Wherever "refl" shows up in the records below, copy the whole line.

*** Material shown Section Begins ***

-- ===== src/Exec/Ends.antt =====
-- Methods with two ends: what holds of the result and state after a return, and of the state after a
-- raise, given what held before.
use kafka_fdb_streamline.Common.{⊤, ◌≡◌, refl, sym, subst, Bool, true, false, if◌then◌else◌}
use kafka_fdb_streamline.Errors.{Exn}
use kafka_fdb_streamline.Exec.{
  Result, ok, err, Exec, pure, raise, gets, catch, raise_if, ◌>>=◌, ◌>>◌,
}
use kafka_fdb_streamline.Exec.Keeps.{Keeps}

abbrev pub After {ℓ} : {S A : Type ℓ} → (A → S → Type ℓ) → (S → Type ℓ) → Result A × S → Type ℓ
After Q R (ok a, s) = Q a s
After Q R (err e, s) = R s

-- From `P`, a return of `m` leads to `Q` and a raise to `R`.
pub record Ends {ℓ} {S A : Type ℓ} (P : S → Type ℓ) (m : Exec S A) (Q : A → S → Type ℓ)
    (R : S → Type ℓ) : Type ℓ where
  pub at : (s : S) → P s → After Q R (m s)

module _ {ℓ} {S A : Type ℓ} where
  pub after_cases :
      (Q : A → S → Type ℓ) (R : S → Type ℓ) (r : Result A) (s : S)
      → ((a : A) → r ≡ ok a → Q a s)
      → ((e : Exn) → r ≡ err e → R s)
      → After Q R (r, s)
  after_cases Q R (ok a) s returned raised = returned a refl
  after_cases Q R (err e) s returned raised = raised e refl

  both : (P : S → Type ℓ) (r : Result A) (s : S) → P s → After (λ _. P) P (r, s)
  both P (ok a) s p = p
  both P (err e) s p = p

  module _ {Q Q' : A → S → Type ℓ} {R R' : S → Type ℓ} where
    weakened :
        (r : Result A) (s : S)
        → ((a : A) (s : S) → Q a s → Q' a s)
        → ((s : S) → R s → R' s)
        → After Q R (r, s)
        → After Q' R' (r, s)
    weakened (ok a) s q r h = q a s h
    weakened (err e) s q r h = r s h

  module _ {Q : A → S → Type ℓ} {R R' : S → Type ℓ} where
    caught :
        (h : Exn → Exec S A) (r : Result A) (s : S)
        → ((e : Exn) → Ends R (h e) Q R')
        → After Q R (r, s)
        → After Q R' (catch (λ t. (r, t)) h s)
    unfolding catch
    caught h (ok a) s eh p = p
    caught h (err e) s eh p = (eh e).at s p

module _ {ℓ} {S A : Type ℓ} {P : S → Type ℓ} where
  pub Ends_of_Keeps : {m : Exec S A} → Keeps P m → Ends P m (λ _. P) P
  Ends_of_Keeps {m} k = record { at = λ s p. both P (m s).0 (m s).1 (k.at s p) }

  module _ {Q Q' : A → S → Type ℓ} {R R' : S → Type ℓ} where
    pub Ends-weaken :
        {m : Exec S A}
        → ((a : A) (s : S) → Q a s → Q' a s)
        → ((s : S) → R s → R' s)
        → Ends P m Q R
        → Ends P m Q' R'
    Ends-weaken {m} q r em = record { at = λ s p. weakened (m s).0 (m s).1 q r (em.at s p) }

  module _ {Q : A → S → Type ℓ} {R : S → Type ℓ} where
    pub Ends-raise : (e : Exn) → ((s : S) → P s → R s) → Ends P (raise {A = A} e) Q R
    unfolding raise
    Ends-raise e h = record { at = h }

    pub Ends-pure : (a : A) → ((s : S) → P s → Q a s) → Ends P (pure a) Q R
    unfolding pure
    Ends-pure a h = record { at = h }

    pub Ends-gets : (f : S → A) → ((s : S) → P s → Q (f s) s) → Ends P (gets f) Q R
    unfolding gets
    Ends-gets f h = record { at = h }

    pub Ends-catch :
        {R' : S → Type ℓ} (m : Exec S A) (h : Exn → Exec S A)
        → Ends P m Q R
        → ((e : Exn) → Ends R (h e) Q R')
        → Ends P (catch m h) Q R'
    unfolding catch
    Ends-catch m h em eh = record { at = λ s p. caught h (m s).0 (m s).1 eh (em.at s p) }

module _ {ℓ} {S A : Type ℓ} (P : S → Type ℓ) {R : S → Type ℓ} where
  pub Ends-read : (f : S → A) → Ends P (gets f) (λ _. P) R
  unfolding gets
  Ends-read f = record { at = λ s p. p }

  pub Ends-return : (a : A) → Ends P (pure a) (λ _. P) R
  unfolding pure
  Ends-return a = record { at = λ s p. p }

module _ {ℓ} {S A B : Type ℓ} {Q : A → S → Type ℓ} {T : B → S → Type ℓ} {R : S → Type ℓ} where
  followed :
      (f : A → Exec S B) (r : Result A) (s : S)
      → ((a : A) → Ends (Q a) (f a) T R)
      → After Q R (r, s)
      → After T R (((λ t. (r, t)) >>= f) s)
  unfolding ◌>>=◌
  followed f (ok a) s ef p = (ef a).at s p
  followed f (err e) s ef p = p

  pub Ends-bind :
      {P : S → Type ℓ} (m : Exec S A) (f : A → Exec S B)
      → Ends P m Q R
      → ((a : A) → Ends (Q a) (f a) T R)
      → Ends P (m >>= f) T R
  unfolding ◌>>=◌
  Ends-bind m f em ef = record { at = λ s p. followed f (m s).0 (m s).1 ef (em.at s p) }

module _ {ℓ} {S A B : Type ℓ} {P Q : S → Type ℓ} {T : B → S → Type ℓ} {R : S → Type ℓ} where
  pub Ends-then :
      (m : Exec S A) (k : Exec S B) → Ends P m (λ _. Q) R → Ends Q k T R → Ends P (m >> k) T R
  unfolding ◌>>◌
  Ends-then m k em ek = Ends-bind m (λ _. k) em (λ _. ek)

-- A guard: what follows it may assume that its test failed.
pub Ends-guard :
    {S : Type 0} {P R : S → Type 0} (b : Bool) (e : Exn)
    → ((s : S) → P s → R s)
    → Ends P (raise_if b e) (λ _ s. P s × (b ≡ false)) R
unfolding raise_if
Ends-guard true e h = record { at = h }
Ends-guard false e h = record { at = λ s p. (p, refl) }

pub Ends-unless :
    {S : Type 0} (P : S → Type 0) {R : S → Type 0} (b : Bool) (e : Exn)
    → ((s : S) → P s → R s)
    → Ends P (raise_if b e) (λ _. P) R
unfolding raise_if
Ends-unless P true e h = record { at = h }
Ends-unless P false e h = record { at = λ s p. p }

pub Ends-if :
    {S A : Type 0} {P : S → Type 0} {Q : A → S → Type 0} {R : S → Type 0} (b : Bool)
    (m n : Exec S A)
    → Ends P m Q R
    → Ends P n Q R
    → Ends P (if b then m else n) Q R
Ends-if true m n em en = em
Ends-if false m n em en = en

-- `try: m; return; except e: handler e`
attempted :
    {S : Type 0} {Q : ⊤ → S → Type 0} {R R' : S → Type 0} (handler : Exn → Exec S ⊤) (r : Result ⊤)
    (s : S)
    → ((e : Exn) → Ends R (handler e) Q R')
    → After Q R (r, s)
    → After Q R' (elim r [ ok _ ↦ (ok tt, s) | err e ↦ handler e s ])
attempted handler (ok tt) s eh p = p
attempted handler (err e) s eh p = (eh e).at s p

pub Ends-attempt :
    {S : Type 0} {P : S → Type 0} {Q : ⊤ → S → Type 0} {R R' : S → Type 0} (m : Exec S ⊤)
    (handler : Exn → Exec S ⊤)
    → Ends P m Q R
    → ((e : Exn) → Ends R (handler e) Q R')
    → Ends P (λ s. let (r, s') = m s in elim r [ ok _ ↦ (ok tt, s') | err e ↦ handler e s' ]) Q R'
Ends-attempt m handler em eh = record {
  at = λ s p. attempted handler (m s).0 (m s).1 eh (em.at s p);
}

-- A read whose value is known.
pub Ends-known :
    {S A B : Type 0} {P : S → Type 0} {Q : B → S → Type 0} {R : S → Type 0} (f : S → A) (a : A)
    (k : A → Exec S B)
    → ((s : S) → P s → f s ≡ a)
    → Ends P (k a) Q R
    → Ends P (gets f >>= k) Q R
unfolding ◌>>=◌
Ends-known {Q} {R} f a k known ek = record {
  at = λ s p. subst (λ x. After Q R (k x s)) (sym (known s p)) (ek.at s p);
}
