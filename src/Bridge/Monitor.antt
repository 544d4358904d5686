-- ===== src/Bridge/Monitor.antt =====
-- The delivery contract as a monitor of the calls that leave the program, independent of the flags that
-- BridgePipeline keeps. A native acknowledgement is allowed only while the position that it confirms is
-- durable: the reply taken last was confirmed by Kafka and a cursor was saved since, or the consumer
-- was resumed from a saved cursor.
use kafka_fdb_streamline.Common.{
  ℕ, zero, suc, Bool, true, false, ◌&&◌, ◌||◌, not, some, List, [], ◌∷◌, if◌then◌else◌, ℤ,
}
use kafka_fdb_streamline.Exec.{Result, ok, err}
use kafka_fdb_streamline.World.{RdCall, Callback, delivery_report, RdReply, FdbCall, Event, Trace}

-- `taken`: a reply was consumed. `lost`: part of it was refused, aborted or purged. `delivered`: Kafka
-- has confirmed it. `durable`: its cursor is saved.
pub data Phase : Type 0 where
  idle taken lost delivered durable : Phase

-- `failed`: a delivery report has told of a failure. `safe`: no acknowledgement was out of turn.
pub record Status : Type 0 where
  pub phase : Phase
  pub failed : Bool
  pub safe : Bool

abbrev pub initial : Status
initial = record { phase = idle; failed = false; safe = true }

abbrev pub reports_failure : List Callback → Bool
reports_failure [] = false
reports_failure (delivery_report (some _) ∷ _) = true
reports_failure (_ ∷ rest) = reports_failure rest

abbrev pub is_ok {ℓ} : {A : Type ℓ} → Result A → Bool
is_ok (ok _) = true
is_ok (err _) = false

-- A flush that leaves nothing in the queue.
abbrev pub drained : Result ℕ → Bool
drained (ok zero) = true
drained (ok (suc _)) = false
drained (err _) = false

-- Only a reply that was taken changes hands.
abbrev pub leave_taken : Phase → Phase → Phase
leave_taken taken next = next
leave_taken idle _ = idle
leave_taken lost _ = lost
leave_taken delivered _ = delivered
leave_taken durable _ = durable

abbrev pub leave_delivered : Phase → Phase
leave_delivered delivered = durable
leave_delivered idle = idle
leave_delivered taken = taken
leave_delivered lost = lost
leave_delivered durable = durable

-- A record that is produced has yet to be confirmed.
abbrev reopen : Phase → Phase
reopen idle = idle
reopen lost = lost
reopen taken = taken
reopen delivered = taken
reopen durable = taken

abbrev pub is_durable : Phase → Bool
is_durable durable = true
is_durable idle = false
is_durable taken = false
is_durable lost = false
is_durable delivered = false

-- The phase after a librdkafka call. Outside transactions a flush confirms delivery, if it leaves
-- nothing and no report tells of a failure.
abbrev pub kafka_phase : Bool → Bool → RdCall → Result ℕ → Phase → Phase
kafka_phase transactional failed RdCall.rd_commit outcome p =
    if is_ok outcome then leave_taken p delivered else p
kafka_phase transactional failed RdCall.rd_flush outcome p =
    if not transactional && not failed && drained outcome then leave_taken p delivered else p
kafka_phase transactional failed (RdCall.rd_produce topic key payload) outcome p =
    if is_ok outcome then reopen p else leave_taken p lost
kafka_phase transactional failed RdCall.rd_abort outcome p =
    if is_ok outcome then leave_taken p lost else p
kafka_phase transactional failed RdCall.rd_purge outcome p = leave_taken p lost
kafka_phase transactional failed RdCall.rd_init_transactions outcome p = p
kafka_phase transactional failed RdCall.rd_begin outcome p = p
kafka_phase transactional failed RdCall.rd_poll outcome p = p
kafka_phase transactional failed RdCall.rd_len outcome p = p

abbrev pub fdb_phase : FdbCall → Result ℤ → Phase → Phase
fdb_phase (FdbCall.fdb_resume_consumer cursor) outcome p = if is_ok outcome then durable else p
fdb_phase _ outcome p = p

abbrev pub on_kafka : Bool → RdCall → RdReply → Status → Status
on_kafka transactional call reply s =
    let failed = s.failed || reports_failure reply.callbacks in
    record s {
      phase = kafka_phase transactional failed call reply.outcome s.phase;
      failed = failed;
    }

abbrev pub advance : Bool → Event → Status → Status
advance transactional (Event.kafka call reply) s = on_kafka transactional call reply s
advance transactional (Event.consumed reply) s = record s {
  phase = if is_ok reply.outcome then taken else s.phase;
}
advance transactional (Event.checkpoint_saved cursor outcome) s = record s {
  phase = if is_ok outcome then leave_delivered s.phase else s.phase;
}
advance transactional (Event.acknowledged reply) s = record s {
  phase = if is_ok reply.outcome then idle else s.phase;
  safe = s.safe && is_durable s.phase;
}
advance transactional (Event.fdb call outcome) s = record s {
  phase = fdb_phase call outcome s.phase;
}
advance transactional (Event.position_read outcome) s = s
advance transactional (Event.clock_read now) s = s
advance transactional (Event.monotonic_read now) s = s
advance transactional (Event.slept ticks) s = s
advance transactional Event.consumer_closed s = s

-- The status after a trace, whose latest event stands first.
abbrev pub status : Bool → Trace → Status
status transactional [] = initial
status transactional (event ∷ trace) = advance transactional event (status transactional trace)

*** Material shown Section Ends ***

_Completed task_
use kafka_fdb_streamline.Common.{⊤, ◌≡◌, refl, sym, subst, Bool, true, false, if◌then◌else◌}
  after_cases Q R (ok a) s returned raised = returned a refl
  after_cases Q R (err e) s returned raised = raised e refl
Ends-guard false e h = record { at = λ s p. (p, refl) }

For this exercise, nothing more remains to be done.